> [PROBLEM TO WORK ON] Go through the records below and show every line with the string "some".

* * *

-- ===== src/Bench/Ranges.antt =====
-- What the options that bench/src/main.c accepts are good for.
use tlshub_ebpf.Base.{
  ℕ, ◌≤◌, inl, inr, ℤ, pos, negsuc, Bool, true, false, ◌||◌, Option, none, some, List, [], ◌∷◌,
  Bytes, ◌==◌, ltb, if◌then◌else◌, Bool-cases, Option-cases, arith,
}
use tlshub_ebpf.Metrics.Proc.{scan_llu}
use tlshub_ebpf.Bench.Types.{BenchConfig}
use tlshub_ebpf.Bench.Options.{
  Parsed, configured, exits, parse_mode, init_config, port_of, atoi, count_of, size_t_of, size_of,
  assigned, apply_option, parse_options,
}

abbrev IsBetween : ℕ → ℕ → ℕ → Type 0
IsBetween least most n = (least ≤ n) × (n ≤ most)

-- The ranges that the messages name.
abbrev pub InRange : BenchConfig → Type 0
InRange config =
    IsBetween 1 65535 config.target_port
    × IsBetween 1 65535 config.listen_port
    × IsBetween 1 10485760 config.data_size
    × IsBetween 1 1000 config.concurrency
    × IsBetween 1 10000 config.total_connections

-- What holds of a configuration, if the reading of the options gave one.
abbrev pub OfParsed : (BenchConfig → Type 0) → Parsed → Type 0
OfParsed P (configured config) = P config
OfParsed P (exits status) = Unit {0}

-- What holds of a value, if there is one.
abbrev OfRead : {A : Type 0} → (A → Type 0) → Option A → Type 0
OfRead P none = Unit {0}
OfRead P (some a) = P a

port_of-IsBetween : (s : Bytes) → OfRead (IsBetween 1 65535) (port_of s)
unfolding port_of
port_of-IsBetween s = elim (Option-cases (scan_llu s)) [
  | inl e ↦ rw (port_of, e) tt
  | inr ((port, c ∷ cs), e) ↦ rw (port_of, e) tt
  | inr ((port, []), e) ↦ elim (Bool-cases (port == 0 || ltb 65535 port)) [
    | inl e' ↦ rw (port_of, e, e') tt
    | inr e' ↦ rw (port_of, e, e') (ground arith, ground arith)
  ]
]

count_of-IsBetween : (most : ℕ) (x : ℤ) → OfRead (IsBetween 1 most) (count_of most x)
unfolding count_of
count_of-IsBetween most (negsuc n) = tt
count_of-IsBetween most (pos n) = elim (Bool-cases (n == 0 || ltb most n)) [
  | inl e ↦ rw (count_of, e) tt
  | inr e ↦ rw (count_of, e) (ground arith, ground arith)
]

size_of-IsBetween : (n : ℕ) → OfRead (IsBetween 1 10485760) (size_of n)
unfolding size_of
size_of-IsBetween n = elim (Bool-cases (n == 0 || ltb 10485760 n)) [
  | inl e ↦ rw (size_of, e) tt
  | inr e ↦ rw (size_of, e) (ground arith, ground arith)
]

assigned-OfParsed :
    {A : Type 0} {P : A → Type 0} (set : A → BenchConfig) (o : Option A)
    → OfRead P o
    → ((a : A) → P a → InRange (set a))
    → OfParsed InRange (assigned set o)
unfolding assigned
assigned-OfParsed set none h keeps = tt
assigned-OfParsed set (some a) h keeps = keeps a h

any_read : {A : Type 0} (o : Option A) → OfRead (λ x. Unit {0}) o
any_read none = tt
any_read (some a) = tt

either_way :
    (x y : Parsed) (b : Bool)
    → OfParsed InRange x
    → OfParsed InRange y
    → OfParsed InRange (if b then x else y)
either_way x y true h h' = h
either_way x y false h h' = h'

apply_option-InRange :
    (config : BenchConfig) (opt : ℕ) (optarg : Bytes)
    → InRange config
    → OfParsed InRange (apply_option config opt optarg)
unfolding apply_option
apply_option-InRange config opt optarg (target, listen, size, concurrency, total) =
    let number = atoi optarg in
    either_way _ _ (opt == b'm')
      (assigned-OfParsed {P = λ x. Unit {0}} _ (parse_mode optarg) (any_read _)
        (λ x h. (target, listen, size, concurrency, total)))
      (either_way _ _ (opt == b't') (target, listen, size, concurrency, total)
        (either_way _ _ (opt == b'p')
          (assigned-OfParsed _ (port_of optarg) (port_of-IsBetween optarg)
            (λ x h. (h, listen, size, concurrency, total)))
          (either_way _ _ (opt == b'l')
            (assigned-OfParsed _ (port_of optarg) (port_of-IsBetween optarg)
              (λ x h. (target, h, size, concurrency, total)))
            (either_way _ _ (opt == b's')
              (assigned-OfParsed _ (size_of (size_t_of number))
                (size_of-IsBetween (size_t_of number))
                (λ x h. (target, listen, h, concurrency, total)))
              (either_way _ _ (opt == b'c')
                (assigned-OfParsed _ (count_of 1000 number) (count_of-IsBetween 1000 number)
                  (λ x h. (target, listen, size, h, total)))
                (either_way _ _ (opt == b'n')
                  (assigned-OfParsed _ (count_of 10000 number) (count_of-IsBetween 10000 number)
                    (λ x h. (target, listen, size, concurrency, h)))
                  (either_way _ _ (opt == b'j') (target, listen, size, concurrency, total)
                    (either_way _ _ (opt == b'o') (target, listen, size, concurrency, total)
                      (either_way _ _ (opt == b'v') (target, listen, size, concurrency, total)
                        (either_way _ _ (opt == b'h') tt tt))))))))))

-- Whatever the options are: if the program does not exit, the configuration that it goes on with is in range.
pub parse_options-InRange :
    (config : BenchConfig) (options : List (ℕ × Bytes))
    → InRange config
    → OfParsed InRange (parse_options config options)
unfolding parse_options
parse_options-InRange config [] h = h
parse_options-InRange config ((opt, optarg) ∷ options) h =
    continued (apply_option config opt optarg) (apply_option-InRange config opt optarg h)
      (λ config' h'. parse_options-InRange config' options h')
  where
    continued :
        (p : Parsed)
        → OfParsed InRange p
        → ((config' : BenchConfig)
            → InRange config'
            → OfParsed InRange (parse_options config' options))
        → OfParsed InRange (elim p [
          | exits status ↦ exits status
          | configured config' ↦ parse_options config' options
        ])
    continued (exits status) h' onward = tt
    continued (configured config') h' onward = onward config' h'

pub init_config-InRange : (json csv : Bytes) → InRange (init_config json csv)
unfolding init_config
init_config-InRange json csv = (
  (omega arith, omega arith),
  (omega arith, omega arith),
  (omega arith, omega arith),
  (omega arith, omega arith),
  (omega arith, omega arith),
)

* * *

> [ANSWER BOX]
  ℕ, ◌≤◌, inl, inr, ℤ, pos, negsuc, Bool, true, false, ◌||◌, Option, none, some, List, [], ◌∷◌,
OfRead P (some a) = P a
assigned-OfParsed set (some a) h keeps = keeps a h
any_read (some a) = tt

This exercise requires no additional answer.